# Brazil to buy 36+ fighter jets



## CougarKing (11 Jul 2008)

Maybe they are just wary of Chavez and Venezuela.

http://www.brazzilmag.com/content/view/9539/1/



> *Brazil to Buy Dozens of Fighter Jets to Defend Amazon and Offshore Oil        *
> Written by Newsroom
> Saturday, 05 July 2008
> The Brazilian government launched the process to buy at least 36 fighter jets as part of a broader plan to modernize its Air Force and in keeping with neighbors like Venezuela, Chile and Peru, which are also in the process of overhauling their fleets.
> ...


----------



## tomahawk6 (11 Jul 2008)

> Brazil is seeking a generous technology transfer package, possibly including local assembly, to help develop its own aviation industry and perform maintenance of the aircraft.



That should leave out US companies.


----------



## geo (11 Jul 2008)

tomahawk6 said:
			
		

> That should leave out US companies.


Why is that... the F16 is being built under licence by a bunch of foreign countries... what difference is another one going to do ???


----------



## aesop081 (11 Jul 2008)

geo said:
			
		

> Why is that... the F16 is being built under licence by a bunch of foreign countries... what difference is another one going to do ???
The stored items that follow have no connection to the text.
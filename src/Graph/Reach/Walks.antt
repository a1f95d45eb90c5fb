-- ===== src/Graph/Reach/Walks.antt =====
-- What the search of src/graph/mod.rs is for: the walks of the graph from the seeds, and how one round of the
-- search reads the relationships.
use text.Mathlib.TextEquality.{eq_iff}
use vai.Common.{
  ℕ, suc, ◌+◌, ◌<◌, ◌≡◌, refl, ◌⊎◌, inl, inr, Bool, true, false, not, ◌&&◌, ◌||◌, List, [], ◌∷◌,
  String, ◌==◌, leb, any, keep, All, Bool-cases, arith,
}
use vai.Common.Eq.{string_equality, eq_flip}
use vai.Common.Sets.{contains}
use vai.Graph.{Relationship, GraphSnapshot, touches, get_relationships_for_entity}
use vai.Graph.Reach.{Search, visit_all, neighbors, expand}
use vai.Graph.Reach.Steps.{labelled, contains-visit_all, labelled-visit_all}

abbrev pub joins : String → String → Relationship → Bool
joins x y r = (r.from_entity == x && r.to_entity == y) || (r.to_entity == x && r.from_entity == y)

abbrev pub adjacent : GraphSnapshot → String → String → Bool
adjacent g x y = any (joins x y) g.relationships

-- A walk of k relationships, each in either direction, from a seed to the id.
pub data Walk (g : GraphSnapshot) (seeds : List String) : ℕ → String → Type 0 where
  start : (x : String) → contains x seeds ≡ true → Walk g seeds 0 x
  hop : (k : ℕ) (x y : String) → Walk g seeds k x → adjacent g x y ≡ true → Walk g seeds (suc k) y

joins-loop :
    (x y : String) (r : Relationship) → r.from_entity ≡ x → (y == r.to_entity) ≡ joins x y r
joins-loop x y r h =
    ground (arith, h, eq_flip y r.to_entity, eq_iff x x, eq_iff r.to_entity x, eq_iff x y)

joins-back :
    (x y : String) (r : Relationship)
    → (r.from_entity == x) ≡ false
    → (r.to_entity == x) ≡ true
    → (y == r.from_entity) ≡ joins x y r
joins-back x y r h k = ground (arith, h, k, eq_flip y r.from_entity)

contains-neighbors :
    (x y : String) (rs : List Relationship)
    → contains y (neighbors x (keep (touches x) rs)) ≡ any (joins x y) rs
contains-neighbors x y [] = refl
contains-neighbors x y (r ∷ rs) = elim (Bool-cases (r.from_entity == x)) [
  | inl out ↦
      ground
        (arith, out, joins-loop x y r ((eq_iff r.from_entity x).0 out), contains-neighbors x y rs)
  | inr other ↦ elim (Bool-cases (r.to_entity == x)) [
    | inl into ↦ ground (arith, other, into, joins-back x y r other into, contains-neighbors x y rs)
    | inr far ↦ ground (arith, other, far, contains-neighbors x y rs)
  ]
]

module _ (g : GraphSnapshot) (max_hops : ℕ) where
  abbrev pub opens : String → ℕ → String → Bool
  opens id hops y = not (leb max_hops hops) && adjacent g id y

  pub contains-expand :
      (id : String) (hops : ℕ) (y : String) (s : Search)
      → contains y (expand g max_hops id hops s).visited ≡ (opens id hops y || contains y s.visited)
  unfolding expand
  contains-expand id hops y s = ground (
    arith,
    contains-visit_all (hops + 1) (neighbors id (get_relationships_for_entity id g)) y s,
    contains-neighbors id y g.relationships,
  )

  pub labelled-expand :
      (id : String) (hops j : ℕ) (y : String) (s : Search)
      → labelled j y (expand g max_hops id hops s).queue ≡ (
          labelled j y s.queue
          || (leb (hops + 1) j && opens id hops y && not (contains y s.visited)))
  unfolding expand
  labelled-expand id hops j y s = ground (
    arith,
    labelled-visit_all (hops + 1) (neighbors id (get_relationships_for_entity id g)) j y s,
    contains-neighbors id y g.relationships,
  )

  -- A round that goes on lets any of the queue's rules through that holds of the ids next to its own.
  pub expand-cases :
      (id : String) (hops : ℕ) (s : Search)
      → (expand g max_hops id hops s ≡ s)
        ⊎ ((hops < max_hops)
            × (expand g max_hops id hops s
                ≡ visit_all (suc hops) (neighbors id (get_relationships_for_entity id g)) s))
  unfolding expand
  expand-cases id hops s = ground arith

-- A rule that holds of every member holds along the list.
pub All-contains :
    (P : String → Type 0) (ids : List String)
    → ((y : String) → contains y ids ≡ true → P y)
    → All P ids
All-contains P [] f = tt
All-contains P (y ∷ ids) f =
    (f y (ground (arith, eq_iff y y)), All-contains P ids (λ z h. f z (ground arith)))

-- What holds of every adjacent id holds along the list that a round visits.
pub All-adjacent :
    (g : GraphSnapshot) (id : String) (P : String → Type 0)
    → ((y : String) → adjacent g id y ≡ true → P y)
    → All P (neighbors id (get_relationships_for_entity id g))
All-adjacent g id P f =
    All-contains P (neighbors id (get_relationships_for_entity id g))
      (λ y h. f y (ground (arith, contains-neighbors id y g.relationships)))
The US government has been increasingly reluctant to agree to technology transfers, even to close allies. The F-16 is no longer manufactured under licence outside the USA as well.


----------



## geo (12 Jul 2008)

CDN Aviator said:
			
		

> The US government has been increasingly reluctant to agree to technology transfers, even to close allies. The F-16 is no longer manufactured under licence outside the USA as well.


Ah!  Right.  If no longer manufactured in other countries, I figured that it was just a case of those countries having moved on to bigger & better jets.


----------



## CougarKing (27 Oct 2014)

Seems the fallout from the spy scandal effectively killed the US bid to sell Superhornets to Brazil...


Defense News



> *Brazil Signs Deal With Saab To Buy 36 Gripens*
> Oct. 27, 2014 - 11:53AM   |  By ANDREW CHUTER
> LONDON — Brazil has signed a 39.3 billion Swedish krona (US $5.4 billion) deal with Saab to take delivery of 36 of the Swedish defense company’s new Gripen NG fighter.
> 
> ...


----------



## Colin Parkinson (27 Oct 2014)

6 years it took, how long has it been for us?


----------



## Brasidas (28 Oct 2014)

Colin P said:
			
		

> 6 years it took, how long has it been for us?



Did somebody say seaking replacement?


----------



## Colin Parkinson (28 Oct 2014)

When I asked the Malaysians how long it would take from Order to launch of a large LNG carrier, they said 18 months, I replied we could not do the briefing note in that time.  :crybaby:


----------



## Monsoon (28 Oct 2014)

Colin P said:
			
		

> When I asked the Malaysians how long it would take from Order to launch of a large LNG carrier, they said 18 months, I replied we could not do the briefing note in that time.  :crybaby:


It would be about the same timeline for us. The devilry (for us and I'm sure the Malaysians too) is in the pre-order phase.


----------



## Colin Parkinson (28 Oct 2014)

35 billion dollar project, they were sniffing around the coast about 2010, introduced us to the project in 2012 with a proposed first shipment of LNG Nov 2018, now looking at 2019.


----------